An open API service indexing awesome lists of open source software.

https://github.com/steelcake/filterz

Probabilistic filter implementations. Ribbon, bloom, xor filters.
https://github.com/steelcake/filterz

bloom-filter probabilistic-data-structures ribbon xor zig ziglang

Last synced: 4 months ago
JSON representation

Probabilistic filter implementations. Ribbon, bloom, xor filters.

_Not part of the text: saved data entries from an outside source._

-- ===== src/Tests/Journeys.antt =====
-- One job from the request to its result.
use job_processing_workflow.Prelude.{
  ℕ, ◌≡◌, ◌≤◌, refl, true, none, some, List, [], ◌∷◌, lookup, text_key, nat_key, overlay, values,
  String,
}
use job_processing_workflow.Models.{pos, Payload, Job, build_envelope}
use job_processing_workflow.MemoryStore as Memory
use job_processing_workflow.MemoryStore.{
  InMemoryStore, empty_store, set_type_config, active, new_job, TypeConfig,
}
use job_processing_workflow.MemoryStore.AsStore.{in_memory}
use job_processing_workflow.MemoryStore.Invariant.{IsValid, HasMessage}
use job_processing_workflow.MemoryStore.Invariant.Jobs.{active_count}
use job_processing_workflow.MemoryStore.Invariant.Enqueue.{
  empty_store-IsValid, set_type_config-IsValid,
}
use job_processing_workflow.Messaging.{in_process, new_producer}
use job_processing_workflow.Dispatcher.{dispatch_once}
use job_processing_workflow.Worker.{Lookup, Handler, process}
use job_processing_workflow.Worker.Memory.{result_status, result_outcome}
use job_processing_workflow.Api.{returns}
use job_processing_workflow.Api.Principal.{Principal, Settings, to_creator}
use job_processing_workflow.Api.Schemas.{CreateJobRequest}
use job_processing_workflow.Api.Routes.{create_job, created, get_job, to_response}
use job_processing_workflow.Journey.System.{
  Action, set_up, posts, dispatches, receives, produces, sweeps, perform_all,
  perform_all-Consistent,
}
use job_processing_workflow.Journey.{create_job-process-get_job}
use job_processing_workflow.Tests.Samples.{base, input, configured}

abbrev settings : Settings
settings = record {
  scope_write = "jobs.write";
  scope_read = "jobs.read";
  scope_read_all = "jobs.read.all";
  groups_claim = "groups";
  user_claims = "email" ∷ [];
}

abbrev ada : Principal
ada = record {
  subject = "ada";
  principal_type = "user";
  client_id = some "web";
  scopes = "jobs.write" ∷ [];
  groups = [];
}

abbrev body : CreateJobRequest
body = record { job_type = "hello"; payload = some input }

abbrev kept : Handler
kept = λ p. (p, true)

abbrev handlers : Lookup
handlers = λ t. some kept

abbrev config : TypeConfig
config = record { run_timeout = 1_000_000; max_attempts = 2; payload = base }

configured-IsValid : IsValid configured
configured-IsValid = set_type_config-IsValid "hello" 1_000_000 2 (some base) _ empty_store-IsValid

asked : (create_job in_memory 10 11 body ada configured).1 ≡ returns (created 1)
unfolding create_job Memory.enqueue active set_type_config
asked = refl

abbrev clock : ℕ → ℕ
clock = λ n. n

abbrev dispatched_store : InMemoryStore
dispatched_store =
    (dispatch_once in_memory in_process clock "jobs" (pos 10)
      ((create_job in_memory 10 11 body ada configured).0, new_producer)).0.0

config_set : lookup "hello" configured.type_config ≡ some config
unfolding set_type_config
config_set = refl

abbrev given : Payload
given = overlay base input

create_job-process-get_job_example :
    let r = process in_memory clock handlers (build_envelope 1 "hello") dispatched_store in
    (r.1 ≡ result_outcome true)
    × (get_job in_memory 1 ada settings r.0
        ≡ returns (
            to_response (record (new_job 1 "hello" (some input) (some (to_creator ada)) 10 11) {
              status = result_status true;
              payload = given;
              updated_at = 2;
            })))
create_job-process-get_job_example =
    create_job-process-get_job 10 11 body ada configured configured-IsValid 1 asked in_process
      new_producer clock clock "jobs" (pos 10) handlers config kept settings config_set refl

-- A job is asked for, published, run and asked for again; the reaper finds nothing.
abbrev busy : List Action
busy =
    set_up "hello" 1_000_000 2 (some base)
    ∷ posts 10 11 body ada
    ∷ dispatches clock "jobs" (pos 10)
    ∷ receives clock handlers (build_envelope 1 "hello")
    ∷ produces 30 30 "hello" none
    ∷ sweeps clock
    ∷ []

perform_all-Consistent_example :
    let s = (perform_all in_process busy (empty_store, new_producer)).0 in
    ((t : String) → active_count t (values s.jobs) ≤ 1)
    × ((k : ℕ) (job : Job) → lookup k s.jobs ≡ some job → HasMessage s.outbox s.published k job)
perform_all-Consistent_example = perform_all-Consistent in_process busy new_producer
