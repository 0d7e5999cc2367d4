-- ===== src/Tests/Loops.antt =====
-- The loops around the components, the command of the producer, and the opening of the database, at
-- concrete inputs.
use job_processing_workflow.Prelude.{
  ℕ, suc, ◌+◌, ◌<◌, ◌≤◌, ◌≡◌, ◌≢◌, ◌⊎◌, refl, ap, subst, true, String, Option, none, some, List, [],
  ◌∷◌, ◌++◌, inl, inr, zero, if◌then◌else◌, ◌==◌, lookup, nat_key, length, arith, add, decimal,
  contains,
}
use job_processing_workflow.Models as Models
use job_processing_workflow.Models.{
  Time, Envelope, Payload, Job, pos, queued, dispatched, running, build_envelope, OutboxMessage,
}
use job_processing_workflow.MemoryStore.{
  InMemoryStore, empty_store, set_type_config, enqueue, active, mark_dispatched, fetch_unpublished,
  claim, resolve_payload, write_payload, complete, fail, requeue_stuck,
}
use job_processing_workflow.MemoryStore.AsStore.{in_memory}
use job_processing_workflow.MemoryStore.AsStore.Laws.{status, status_in, in_memory_laws}
use job_processing_workflow.MemoryStore.Steps.{
  Reach, here, next, configures, enqueues, claims, requeues,
}
use job_processing_workflow.MemoryStore.Claims.{claims_won, Reach-claims_won}
use job_processing_workflow.MemoryStore.Attempts.{CapsAtMost, Reach-attempts-le}
use job_processing_workflow.Postgres.Connect.{
  opened, attempts, connect_with_retry, connect_with_retry_cases, OpensAt, GivesUp,
}
use job_processing_workflow.Messaging.{
  Consumer, Polled, nothing, delivered, new_producer, InMemoryProducer, publish,
}
use job_processing_workflow.Service.{returned, Ended}
use job_processing_workflow.Dispatcher.{publish_all, dispatch_once}
use job_processing_workflow.Dispatcher.Loop.{loop}
use job_processing_workflow.Dispatcher.Loop.Drains.{pending, runs, loop_drains}
use job_processing_workflow.Worker.{Handler, Lookup, completed, skipped, process, run}
use job_processing_workflow.Worker.Loop.{
  keyboard_interrupt, received, goes, leaves, start, run_loop, step,
}
use job_processing_workflow.Worker.Loop.Accounts.{ConsumerLaws, IsAccounted, final}
use job_processing_workflow.Worker.Loop.Delivery.{run_loop-IsAccounted, run_loop_redelivery}
use job_processing_workflow.Handler as Handler
use job_processing_workflow.Handler.Cli.{main}
use job_processing_workflow.Handler.Cli.Memory.{Refuses, Skips, Enqueues, main_cases}
use job_processing_workflow.Journey.Loops.{CaughtUp, worked, queued-Ends}
use mathlib.Core.List.{Memᴰ}
use mathlib.Core.List.Memᴰ
use job_processing_workflow.Tests.Samples.{
  waiting_job, waiting_found, base, input, waiting, waiting-IsValid, claimed, claimed_job,
  claimed_found,
}

abbrev clock : ℕ → Time
clock n = 100 + n

abbrev hello : Envelope
hello = build_envelope 1 "hello"

abbrev greet : Handler
greet p = (p, true)

abbrev handlers : Lookup
handlers t = some greet

abbrev way : Reach empty_store claimed
way =
    next
      (next (next here (configures "hello" 1_000_000 2 (some base)))
        (enqueues 10 10 "hello" (some input) none))
      (claims 20 1)

way-CapsAtMost : CapsAtMost 3 "hello" way
unfolding set_type_config enqueue active claim
way-CapsAtMost = (((omega arith, omega arith), omega arith), omega arith)

Reach-attempts-le_example : claimed_job.attempts ≤ 3
Reach-attempts-le_example =
    Reach-attempts-le 3 "hello" way way-CapsAtMost 1 claimed_job claimed_found refl

Reach-claims_won_example : claims_won 1 way ≡ 1
Reach-claims_won_example = Reach-claims_won way 1 claimed_job claimed_found

-- A worker that comes second, and one that comes after the job has been given back.
claimed_twice :
    let second = next way (claims 30 1) in
    let again = next (next second (requeues 40 1)) (claims 50 1) in
    (claims_won 1 second ≡ 1) × (claims_won 1 again ≡ 2)
unfolding set_type_config enqueue active claim requeue_stuck
claimed_twice = (refl, refl)

-- A database that answers at the third call.
abbrev slow : ℕ → Option String
slow zero = some "refused"
slow (suc zero) = some "starting"
slow (suc (suc n)) = none

connect_slow : connect_with_retry slow 30 ≡ record { result = opened; calls = 3; slept = 4 }
unfolding connect_with_retry attempts
connect_slow = refl

connect_with_retry_cases_example :
    ((i : ℕ) × (i < 2) × OpensAt slow i (connect_with_retry slow 2))
    ⊎ GivesUp slow 2 (connect_with_retry slow 2)
connect_with_retry_cases_example = connect_with_retry_cases slow 2

one_pending : pending waiting < 2
unfolding pending set_type_config enqueue active
one_pending = omega arith

loop_drains_example :
    let e = runs "jobs" 5 0 (clock ∷ clock ∷ []) (waiting, new_producer) in
    (e.exit ≡ returned 0)
    × (0 < e.log)
    × ((row k : ℕ) (msg : OutboxMessage) (job : Job)
        → lookup row e.store.outbox ≡ some msg
        → lookup k e.store.jobs ≡ some job
        → (contains row e.store.published ≡ true) × (job.status ≢ queued))
loop_drains_example =
    loop_drains "jobs" 5 (clock ∷ clock ∷ []) waiting new_producer waiting-IsValid (omega arith)
      one_pending

-- A consumer of one partition.
record Partition : Type 0 where
  ahead : List Envelope
  behind : List Envelope
  offset : ℕ

abbrev next_of : Partition → List Envelope → Partition × Polled
next_of c [] = (c, nothing)
next_of c (e ∷ es) = (record c { ahead = es; behind = c.behind ++ e ∷ [] }, delivered e)

abbrev partition : Consumer Partition
partition = record {
  poll = λ c. next_of c c.ahead;
  commit = λ c. (record c { offset = length c.behind }, true);
  close = λ c. c;
}

next_of-log :
    (c : Partition) (l : List Envelope)
    → ((next_of c l).0.offset ≡ c.offset)
      × (((next_of c l).1 ≡ nothing) × ((next_of c l).0.behind ≡ c.behind)
          ⊎ ((e : Envelope) × ((next_of c l).1 ≡ delivered e)
              × ((next_of c l).0.behind ≡ c.behind ++ e ∷ [])))
next_of-log c [] = (refl, inl (refl, refl))
next_of-log c (e ∷ es) = (refl, inr (e, refl, refl))

partition_laws : ConsumerLaws partition (λ c. c.behind) (λ c. c.offset)
partition_laws = record {
  poll_committed = λ c. (next_of-log c c.ahead).0;
  poll_nothing = λ c h. ground (arith, next_of-log c c.ahead, h);
  poll_raises = λ c h. ground (arith, next_of-log c c.ahead, h);
  poll_delivered = λ c e h. ground (arith, next_of-log c c.ahead, h);
  commit_log = λ c. refl;
  commit_committed = λ c h. refl;
  commit_raises = λ c h. inr refl;
}

abbrev full : Partition
full = record { ahead = hello ∷ []; behind = []; offset = 0 }

-- The message is received and processed, and KeyboardInterrupt comes out of its commit.
run_loop-IsAccounted_example :
    IsAccounted
      (λ c. c.behind)
      (λ c. c.offset)
      (final (
        run_loop in_memory handlers partition
          (goes clock ∷ goes clock ∷ leaves keyboard_interrupt ∷ [])
          (start waiting full)))
run_loop-IsAccounted_example =
    run_loop-IsAccounted in_memory handlers partition (λ c. c.behind) (λ c. c.offset) partition_laws
      (goes clock ∷ goes clock ∷ leaves keyboard_interrupt ∷ []) (start waiting full)
      (record { delivers = refl; commits = refl })

-- The message is committed then, and not reported.
left_committed :
    let last = final (
      run_loop in_memory handlers partition
        (goes clock ∷ goes clock ∷ leaves keyboard_interrupt ∷ [])
        (start waiting full)) in
    (last.consumer.offset ≡ 1) × (last.output ≡ [])
unfolding run_loop step
left_committed = (refl, refl)

whole_round :
    (final (
      run_loop in_memory handlers partition
        (goes clock ∷ goes clock ∷ goes clock ∷ goes clock ∷ [])
        (start waiting full))).output
    ≡ (hello, completed) ∷ []
unfolding run_loop step process run set_type_config enqueue active claim resolve_payload complete
    fail write_payload
whole_round = refl

run_loop_redelivery_example :
    let first = final (
      run_loop in_memory handlers partition
        (goes clock ∷ [])
        (record { phase = received hello; store = waiting; consumer = full; output = [] })) in
    let second = final (
      run_loop in_memory handlers partition
        (goes clock ∷ goes clock ∷ goes clock ∷ goes clock ∷ [])
        (start first.store full)) in
    (second.output ≡ (hello, skipped) ∷ [])
    × (second.consumer ≡ (partition.commit (partition.poll full).0).0)
    × ((j : ℕ) → status second.store j ≡ status first.store j)
run_loop_redelivery_example =
    run_loop_redelivery in_memory status in_memory_laws partition handlers clock clock clock clock
      clock hello full full waiting refl

-- `json.loads` of the empty object alone.
abbrev loads : String → Option Payload
loads s = if s == "{}" then some [] else none

main_cases_example :
    Refuses loads 10 10 waiting
      ("hello" ∷ [])
      (main in_memory (λ s. s) loads 10 10 ("hello" ∷ []) waiting)
    ⊎ (Skips loads 10 10 waiting
          ("hello" ∷ [])
          (main in_memory (λ s. s) loads 10 10 ("hello" ∷ []) waiting)
        ⊎ Enqueues loads 10 10 waiting
            ("hello" ∷ [])
            (main in_memory (λ s. s) loads 10 10 ("hello" ∷ []) waiting))
main_cases_example = main_cases loads 10 10 waiting waiting-IsValid ("hello" ∷ [])

says_skipped :
    (main in_memory (λ s. s) loads 10 10 ("hello" ∷ "{}" ∷ []) waiting).1.stdout
    ≡ "skipped hello: an active job already exists\n"
unfolding main set_type_config enqueue active Handler.enqueue
says_skipped = refl

-- The dispatcher hands the message of the job over, and the worker processes it in four steps.
abbrev after : Ended InMemoryStore InMemoryProducer ℕ
after = runs "jobs" 5 0 (clock ∷ clock ∷ []) (waiting, new_producer)

after_published : after.kafka.published ≡ ("jobs", "1", hello) ∷ []
unfolding loop dispatch_once publish_all publish mark_dispatched fetch_unpublished add
    set_type_config enqueue active decimal
after_published = refl

after_jobs :
    after.store.jobs ≡ (1, record waiting_job { status = dispatched; updated_at = 100 }) ∷ []
unfolding loop dispatch_once publish_all publish mark_dispatched fetch_unpublished add
    set_type_config enqueue active
after_jobs = refl

after_status : (j : ℕ) → status after.store j ≢ some running
after_status j h = ground (arith, subst (λ jobs. status_in jobs j ≡ some running) after_jobs h)

all_delivered :
    CaughtUp "jobs" 5
      (clock ∷ clock ∷ [])
      waiting
      new_producer
      waiting-IsValid
      (omega arith)
      one_pending
      partition
      (λ c. c.behind)
      (λ c. c.offset)
      partition_laws
      handlers
      full
      refl
      refl
      (clock ∷ clock ∷ clock ∷ clock ∷ [])
unfolding loop dispatch_once publish_all publish mark_dispatched fetch_unpublished add run_loop step
    process run set_type_config enqueue active claim resolve_payload complete fail write_payload
    decimal
all_delivered = record {
  between = refl;
  delivered =
      λ m h. Memᴰ.head (ap (λ (t : String × String × Envelope). t.2) (Memᴰ.eq_of_singleton h));
}

queued-Ends_example :
    let last =
      worked "jobs" 5
        (clock ∷ clock ∷ [])
        waiting
        new_producer
        waiting-IsValid
        (omega arith)
        one_pending
        partition
        (λ c. c.behind)
        (λ c. c.offset)
        partition_laws
        handlers
        full
        refl
        refl
        (clock ∷ clock ∷ clock ∷ clock ∷ []) in
    (status last.store 1 ≡ some Models.completed) ⊎ (status last.store 1 ≡ some Models.failed)
queued-Ends_example =
    queued-Ends "jobs" 5 (clock ∷ clock ∷ []) waiting new_producer waiting-IsValid (omega arith)
      one_pending partition (λ c. c.behind) (λ c. c.offset) partition_laws handlers full refl refl
      (clock ∷ clock ∷ clock ∷ clock ∷ []) all_delivered after_status 1 waiting_job waiting_found
      refl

Awesome Lists containing this project

README

          

# filterz

Implementations of some probabilistic filter structures. Implemented with `build once, use many times` use case in mind.
All filters export a `Filter` interface that can be used like this:

```zig
const Filter = filterz.xorf.Filter(u16);

var my_filter = try Filter.init(alloc, hashes);
defer my_filter.deinit();

for (hashes) |h| {
try std.testing.expect(filter.check(h));
}
```

This interface is mainly intended for testing, the lower level APIs exported from filter files are intended for production use.

> [!WARNING]
> Using xor/ribbon filters with weird sized integers like u7, u6 etc. doesn't work properly. Need to implement manual integer bit packed slices for it to properly work.

> [!WARNING]
> Developed with latest zig release (master branch).
It means it hasn't been updated properly yet if it doesn't work with current master release.

## Filters

### Split-Block-Bloom-Filter

Speed optimized version of a bloom filter.

As described in https://github.com/apache/parquet-format/blob/master/BloomFilter.md

### Xor (BinaryFuse) filter

As described in https://arxiv.org/abs/2201.01174

### Ribbon filter

As described in https://arxiv.org/abs/2103.02515

The implementation corresponds to the standard ribbon filter with "smash" as described in the paper.

## Benchmarks

1. Download Benchmark Data - instructions [here](bench-data/README.md)
2. Run benchmarks with:
```bash
make benchmark
```

[Example results](./bench_result_low_hit.txt)

NOTE: Cost estimate stat in the benchmark output is calculated by assuming every hit generates a disk read, which is priced at 200 microseconds.

## License

Licensed under either of

* Apache License, Version 2.0
([LICENSE-APACHE](LICENSE-APACHE) or http://www.apache.org/licenses/LICENSE-2.0)
* MIT license
([LICENSE-MIT](LICENSE-MIT) or http://opensource.org/licenses/MIT)

at your option.

## Contribution

Unless you explicitly state otherwise, any contribution intentionally submitted
for inclusion in the work by you, as defined in the Apache-2.0 license, shall be
dual licensed as above, without any additional terms or conditions.